What is needed:
From the line containing "ring_size ≡ c.step + 1" to the last line of the records, please reproduce every line exactly and nothing more.

+ + + +

-- ===== src/ExpertCache/Overwrite.antt =====
-- When the routing of a queued launch outlives the end of a later step, and when it does not.
use vllm_exl3_plugin.Base.{
  ℕ, ◌+◌, ◌%◌, ◌<◌, ◌≡◌, ◌≢◌, ◌∙◌, min, false, length, leb, arith, In, dec_lt, In-append_left,
}
use vllm_exl3_plugin.ExpertCache.State.{Layout, Cache, Launch, Routing, ring_size}
use vllm_exl3_plugin.ExpertCache.Steps.{step_end, record_rows}
use vllm_exl3_plugin.ExpertCache.Ring.{LaunchOk, step_end_ring, step_end_steps}

module _ (K : Layout) (c : Cache) (tokens decodes : ℕ) (routing : Routing) where
  idle_ring :
      min decodes K.stage_rows ≡ 0
      → (i : ℕ) → (step_end K c tokens decodes routing).ring i ≡ c.ring i
  unfolding step_end record_rows
  idle_ring h i = ground arith

  -- The routing of a launch of one of the last three steps before the one that ends is not
  -- overwritten at its end.
  pub step_end-ring_keeps :
      (s : Launch)
      → LaunchOk K c.step s
      → c.step + 1 < s.step_no + ring_size
      → (step_end K c tokens decodes routing).ring s.slot ≡ c.ring s.slot
  step_end-ring_keeps s ok near = elim (dec_lt 0 (min decodes K.stage_rows)) [
    | yes rows ↦
        let here = ok.place_in_ring in
        let early = ok.not_later in
        let apart : s.slot ≢ (c.step + 1) % 4 = omega arith in
        step_end_ring K c tokens decodes routing s.slot rows ∙ ground arith
    | no rows ↦ idle_ring (omega arith) s.slot
  ]

  -- A launch that is still queued four steps later, because the steps between had no decode rows,
  -- stays queued at the end of a step that has some, and that step's routing replaces its own.
  pub step_end-ring_overwrites :
      (s : Launch)
      → In s c.steps
      → LaunchOk K c.step s
      → s.step_no + ring_size ≡ c.step + 1
      → length c.steps < 3
      → 0 < min decodes K.stage_rows
      → In s (step_end K c tokens decodes routing).steps
        × ((step_end K c tokens decodes routing).ring s.slot ≡ routing)
  step_end-ring_overwrites s m ok late room rows =
      let here = ok.place_in_ring in
      let same : s.slot ≡ (c.step + 1) % 4 = omega arith in
      let short : leb 3 (length c.steps) ≡ false = ground arith in
      (
        rw (step_end_steps K c tokens decodes routing rows, short) (In-append_left s c.steps _ m),
        step_end_ring K c tokens decodes routing s.slot rows ∙ ground arith,
      )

+ + + +

Written solution:
      → s.step_no + ring_size ≡ c.step + 1
      → length c.steps < 3
      → 0 < min decodes K.stage_rows
      → In s (step_end K c tokens decodes routing).steps
        × ((step_end K c tokens decodes routing).ring s.slot ≡ routing)
  step_end-ring_overwrites s m ok late room rows =
      let here = ok.place_in_ring in
      let same : s.slot ≡ (c.step + 1) % 4 = omega arith in
      let short : leb 3 (length c.steps) ≡ false = ground arith in
      (
        rw (step_end_steps K c tokens decodes routing rows, short) (In-append_left s c.steps _ m),
        step_end_ring K c tokens decodes routing s.slot rows ∙ ground arith,
      )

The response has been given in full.